* Exercise aim: Everything from the line containing "sweep_once = refl" through the end of the entries below must be set down exactly, and nothing else.

* Entries supplied:
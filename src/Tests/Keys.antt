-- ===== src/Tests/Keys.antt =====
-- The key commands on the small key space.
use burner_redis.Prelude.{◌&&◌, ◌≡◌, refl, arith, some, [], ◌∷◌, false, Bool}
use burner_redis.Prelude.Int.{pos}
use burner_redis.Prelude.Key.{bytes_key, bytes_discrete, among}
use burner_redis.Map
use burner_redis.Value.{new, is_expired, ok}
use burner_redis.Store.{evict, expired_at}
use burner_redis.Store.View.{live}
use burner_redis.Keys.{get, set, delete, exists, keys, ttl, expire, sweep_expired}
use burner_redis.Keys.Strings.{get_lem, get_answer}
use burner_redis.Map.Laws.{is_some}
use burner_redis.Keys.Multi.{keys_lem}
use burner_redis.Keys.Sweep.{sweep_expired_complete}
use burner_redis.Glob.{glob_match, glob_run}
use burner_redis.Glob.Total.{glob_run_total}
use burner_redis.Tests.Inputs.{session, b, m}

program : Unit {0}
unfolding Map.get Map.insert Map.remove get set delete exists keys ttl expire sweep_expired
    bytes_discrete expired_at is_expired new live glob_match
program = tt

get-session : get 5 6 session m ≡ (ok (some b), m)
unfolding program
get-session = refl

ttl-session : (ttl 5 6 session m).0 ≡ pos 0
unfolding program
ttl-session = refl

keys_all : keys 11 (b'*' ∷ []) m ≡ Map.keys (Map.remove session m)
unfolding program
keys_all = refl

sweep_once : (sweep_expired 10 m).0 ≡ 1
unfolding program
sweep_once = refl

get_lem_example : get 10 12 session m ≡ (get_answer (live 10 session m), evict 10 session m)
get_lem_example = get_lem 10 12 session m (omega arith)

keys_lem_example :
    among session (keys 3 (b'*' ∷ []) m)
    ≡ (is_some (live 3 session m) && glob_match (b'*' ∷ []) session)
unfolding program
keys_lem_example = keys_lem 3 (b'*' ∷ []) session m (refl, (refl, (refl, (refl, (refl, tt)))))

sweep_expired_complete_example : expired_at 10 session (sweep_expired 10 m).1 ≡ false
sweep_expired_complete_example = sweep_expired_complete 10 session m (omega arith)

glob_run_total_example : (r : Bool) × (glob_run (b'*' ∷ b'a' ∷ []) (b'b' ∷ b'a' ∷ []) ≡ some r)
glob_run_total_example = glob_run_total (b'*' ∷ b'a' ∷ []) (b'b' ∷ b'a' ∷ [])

* Response:
sweep_once = refl

get_lem_example : get 10 12 session m ≡ (get_answer (live 10 session m), evict 10 session m)
get_lem_example = get_lem 10 12 session m (omega arith)

keys_lem_example :
    among session (keys 3 (b'*' ∷ []) m)
    ≡ (is_some (live 3 session m) && glob_match (b'*' ∷ []) session)
unfolding program
keys_lem_example = keys_lem 3 (b'*' ∷ []) session m (refl, (refl, (refl, (refl, (refl, tt)))))

sweep_expired_complete_example : expired_at 10 session (sweep_expired 10 m).1 ≡ false
sweep_expired_complete_example = sweep_expired_complete 10 session m (omega arith)

glob_run_total_example : (r : Bool) × (glob_run (b'*' ∷ b'a' ∷ []) (b'b' ∷ b'a' ∷ []) ≡ some r)
glob_run_total_example = glob_run_total (b'*' ∷ b'a' ∷ []) (b'b' ∷ b'a' ∷ [])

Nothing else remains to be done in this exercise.